In 2000-2001 the school had 486 students studying in other countries.  That placed Calvin seventh in the category of master’s institutions, just ahead of Philadelphia’s Villanova University. 

Grand Valley State University was 15th in the category with 355 students.

Monsma said the figures come from the Institute for International Education and its annual “Open Doors” statistical report.

With Calvin’s enrollment of about 4,300 students in 2000-2001, the 486 students who were overseas in that year represented 11 percent of the student body.  In fact, when ranked by percentage, Calvin rises to third in its category (since many of the schools in Calvin's category are significantly bigger than Calvin).

Monsma said Calvin regards study abroad as an important component of its students’ education. 

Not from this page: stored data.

-- ===== src/Scheduler/Health/Measures.antt =====
-- What the state of a pool measures, from what the repositories answer.
use beta.Base.{
  ℕ, zero, suc, ◌≡◌, ◌≢◌, refl, ap, ◌&&◌, inl, inr, String, Bool, true, false, Bool-cases, List, [],
  ◌∷◌, ◌++◌, Result, ok, err, length,
}
use beta.Base.Int.{ℤ, pos, negsuc, ◌+ℤ◌, ◌-ℤ◌}
use beta.Base.Machine.{i64}
use beta.Types.{
  Worker, WorkerStatus, available, pending, disabled, other_status, other_container_status,
  stopping, ContainerState, ContainerStatus, running,
}
use beta.Repository.Worker.Index.{is_pending}
use beta.Scheduler.Sizing.{WorkerPoolCapacity}
use beta.Scheduler.Health.{
  MachineStatus, machine_pending, machine_registered, machine_ready, other_machine_status, quotient,
  saturate, unix, is_running, is_waiting, is_zero, latency_of, latencies, total_of, average_latency,
  count_if, containers_of, is_ready, WorkerPoolState, PoolView, measured, machines_of,
}

-- `n` elements of the list have the property.
pub data Counts {A : Type 0} (P : A → Type 0) : List A → ℕ → Type 0 where
  none_left : Counts P [] zero
  counted : {a : A} {l : List A} {n : ℕ} → P a → Counts P l n → Counts P (a ∷ l) (suc n)
  passed : {a : A} {l : List A} {n : ℕ} → ¬ (P a) → Counts P l n → Counts P (a ∷ l) n

-- The containers of the workers, without those of a worker whose containers could not be read.
pub data Gathered (active : String → Result (Unit {0}) (List ContainerState))
    : List Worker → List ContainerState → Type 0 where
  no_worker : Gathered active [] []
  readable :
      {w : Worker} {ws : List Worker} {xs cs : List ContainerState}
      → active w.id ≡ ok xs
      → Gathered active ws cs
      → Gathered active (w ∷ ws) (xs ++ cs)
  unreadable :
      {w : Worker} {ws : List Worker} {cs : List ContainerState}
      → active w.id ≡ err tt
      → Gathered active ws cs
      → Gathered active (w ∷ ws) cs

-- How long each container has waited: a pending one until now, another one until it was started; one
-- that runs and has no time of its start is left out.
pub data Waited (now : ℤ) : List ContainerState → List ℤ → Type 0 where
  no_container : Waited now [] []
  unknown :
      {c : ContainerState} {cs : List ContainerState} {ls : List ℤ}
      → c.started_at ≡ pos 0
      → c.status ≡ running
      → Waited now cs ls
      → Waited now (c ∷ cs) ls
  waiting :
      {c : ContainerState} {cs : List ContainerState} {ls : List ℤ}
      → c.status ≡ pending
      → Waited now cs ls
      → Waited now (c ∷ cs) (saturate (now -ℤ unix c.scheduled_at) ∷ ls)
  started :
      {c : ContainerState} {cs : List ContainerState} {ls : List ℤ}
      → c.status ≢ pending
      → (c.status ≡ running → c.started_at ≢ pos 0)
      → Waited now cs ls
      → Waited now (c ∷ cs) (saturate (unix c.started_at -ℤ unix c.scheduled_at) ∷ ls)

-- The sum of int64 numbers, which wraps round.
pub data Sums : ℤ → List ℤ → ℤ → Type 0 where
  summed : {t : ℤ} → Sums t [] t
  adding : {t l r : ℤ} {ls : List ℤ} → Sums (i64 (t +ℤ l)) ls r → Sums t (l ∷ ls) r

count_if-Counts :
    {A : Type 0} (p : A → Bool) (P : A → Type 0)
    → ((a : A) → p a ≡ true → P a)
    → ((a : A) → p a ≡ false → ¬ (P a))
    → (l : List A) → Counts P l (count_if p l)
count_if-Counts p P is_p not_p [] = none_left
count_if-Counts p P is_p not_p (a ∷ l) = elim (Bool-cases (p a)) [
  | inl holds ↦ rw holds (counted (is_p a holds) (count_if-Counts p P is_p not_p l))
  | inr fails ↦ rw fails (passed (not_p a fails) (count_if-Counts p P is_p not_p l))
]

containers_of-Gathered :
    (active : String → Result (Unit {0}) (List ContainerState)) (ws : List Worker)
    → Gathered active ws (containers_of active ws)
containers_of-Gathered active [] = no_worker
containers_of-Gathered active (w ∷ ws) = one (active w.id) refl (containers_of-Gathered active ws)
  where
    one :
        (x : Result (Unit {0}) (List ContainerState))
        → active w.id ≡ x
        → Gathered active ws (containers_of active ws)
        → Gathered active (w ∷ ws) (containers_of active (w ∷ ws))
    one (ok xs) e rest = rw e (readable e rest)
    one (err u) e rest = rw e (unreadable e rest)

is_zero-pos : (z : ℤ) → is_zero z ≡ true → z ≡ pos 0
is_zero-pos (pos zero) h = refl
is_zero-pos (pos (suc n)) h = cc h
is_zero-pos (negsuc n) h = cc h

is_waiting-pending : (s : ContainerStatus) → is_waiting s ≡ true → s ≡ pending
is_waiting-pending pending h = refl
is_waiting-pending running h = cc h
is_waiting-pending stopping h = cc h
is_waiting-pending (other_container_status t) h = cc h

is_running-running : (s : ContainerStatus) → is_running s ≡ true → s ≡ running
is_running-running running h = refl
is_running-running pending h = cc h
is_running-running stopping h = cc h
is_running-running (other_container_status t) h = cc h

latencies-Waited : (now : ℤ) (cs : List ContainerState) → Waited now cs (latencies now cs)
unfolding latency_of
latencies-Waited now [] = no_container
latencies-Waited now (c ∷ cs) =
    let rest = latencies-Waited now cs in
    elim (Bool-cases (is_zero c.started_at && is_running c.status)) [
      | inl unstarted ↦ rw unstarted (
          unknown (is_zero-pos c.started_at (both _ _ unstarted).0)
            (is_running-running c.status (both _ _ unstarted).1) rest)
      | inr other ↦ elim (Bool-cases (is_waiting c.status)) [
        | inl waits ↦ rw other (rw waits (waiting (is_waiting-pending c.status waits) rest))
        | inr no_wait ↦ rw other (
            rw no_wait (
              started (λ e. cc (ap is_waiting e, no_wait))
                (λ e f. clash _ _ (ap is_running e) (ap is_zero f) other) rest))
      ]
    ]
  where
    both : (a b : Bool) → (a && b) ≡ true → (a ≡ true) × (b ≡ true)
    both true true h = (refl, refl)
    both true false h = absurd (cc h)
    both false b h = absurd (cc h)

    clash : (a b : Bool) → b ≡ true → a ≡ true → (a && b) ≡ false → ⊥
    clash true true h k e = cc e
    clash true false h k e = cc h
    clash false b h k e = cc k

total_of-Sums : (t : ℤ) (ls : List ℤ) → Sums t ls (total_of t ls)
total_of-Sums t [] = summed
total_of-Sums t (l ∷ ls) = adding (total_of-Sums (i64 (t +ℤ l)) ls)

-- The mean of the waiting times in milliseconds; 0 if there is none.
pub record Latency (now : ℤ) (cs : List ContainerState) (latency : ℤ) : Type 0 where
  pub waits : List ℤ
  pub waited : Waited now cs waits
  pub unknown_yet : waits ≡ [] → latency ≡ pos 0
  pub mean :
      waits ≢ []
      → (total : ℤ) × Sums (pos 0) waits total
        × (latency ≡ quotient (quotient total (length waits)) 1000000)

-- The measures by which a pool is judged.
pub record Measures (p : PoolView) (ws : List Worker) (s : WorkerPoolState) : Type 0 where
  pub containers : List ContainerState
  pub gathered : Gathered p.active_containers ws containers
  pub machines : List MachineStatus
  pub machines_external : p.is_external ≡ true → p.machines ≡ ok machines
  pub machines_local : p.is_external ≡ false → machines ≡ []
  pub waiting : Counts (λ (w : Worker). w.status ≡ pending) ws s.pending_workers
  pub ready : Counts (λ (m : MachineStatus). m ≡ machine_ready) machines s.ready_machines
  pub latency : Latency p.now containers s.scheduling_latency

is_pending-pending : (w : Worker) → is_pending w.status ≡ true → w.status ≡ pending
is_pending-pending w h = go w.status h
  where
    go : (s : WorkerStatus) → is_pending s ≡ true → s ≡ pending
    go pending h = refl
    go available h = cc h
    go disabled h = cc h
    go (other_status t) h = cc h

is_ready-ready : (m : MachineStatus) → is_ready m ≡ true → m ≡ machine_ready
is_ready-ready machine_ready h = refl
is_ready-ready machine_pending h = cc h
is_ready-ready machine_registered h = cc h
is_ready-ready other_machine_status h = cc h

average-Latency :
    (now : ℤ) (cs : List ContainerState) (ls : List ℤ)
    → Waited now cs ls
    → Latency now cs (quotient (average_latency ls) 1000000)
unfolding average_latency
average-Latency now cs [] h = record {
  waits = [];
  waited = h;
  unknown_yet = λ e. refl;
  mean = λ ne. absurd (ne refl);
}
average-Latency now cs (l ∷ ls) h = record {
  waits = l ∷ ls;
  waited = h;
  unknown_yet = λ e. cc e;
  mean = λ ne. (_, total_of-Sums (pos 0) (l ∷ ls), refl);
}

machines_of-listed :
    (p : PoolView) (ms : List MachineStatus)
    → machines_of p ≡ ok ms
    → (p.is_external ≡ true → p.machines ≡ ok ms) × (p.is_external ≡ false → ms ≡ [])
machines_of-listed p ms e = go p.is_external p.machines e
  where
    go :
        (b : Bool) (x : Result (Unit {0}) (List MachineStatus))
        → machines_of (record p { is_external = b; machines = x }) ≡ ok ms
        → (b ≡ true → x ≡ ok ms) × (b ≡ false → ms ≡ [])
    go true (ok l) h = (λ b. cc h, λ b. cc b)
    go true (err u) h = (λ b. cc h, λ b. cc b)
    go false x h = (λ b. cc b, λ b. cc h)

pub measured-Measures :
    (p : PoolView) (ws : List Worker) (ms : List MachineStatus) (free : WorkerPoolCapacity)
    → machines_of p ≡ ok ms
    → Measures p ws (measured p.now ws ms p.active_containers free)
unfolding measured
measured-Measures p ws ms free e =
    let (external, local) = machines_of-listed p ms e in
    record {
      containers = containers_of p.active_containers ws;
      gathered = containers_of-Gathered p.active_containers ws;
      machines = ms;
      machines_external = external;
      machines_local = local;
      waiting = count_if-Counts _ _ is_pending-pending (λ w f e. cc (ap is_pending e, f)) ws;
      ready = count_if-Counts _ _ is_ready-ready (λ m f e. cc (ap is_ready e, f)) ms;
      latency = average-Latency p.now _ _ (latencies-Waited p.now _);
    }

She said the school’s off-campus programs allow Calvin students to travel to 10 destinations for semester-long study programs, including two in Honduras as well as programs in Britain, China, France, Ghana, Hungary and Spain.

Calvin also has semester-long U.S. programs in New Mexico and Washington, D.C.  For students who need a program focus not available in Calvin's own programs, Monsma said the off-campus programs office helps them find one that suits their needs.

More and more Calvin students are taking advantage of the chance to study abroad in the Calvin-sponsored programs. About one-third of the students who study abroad do so for an entire semester.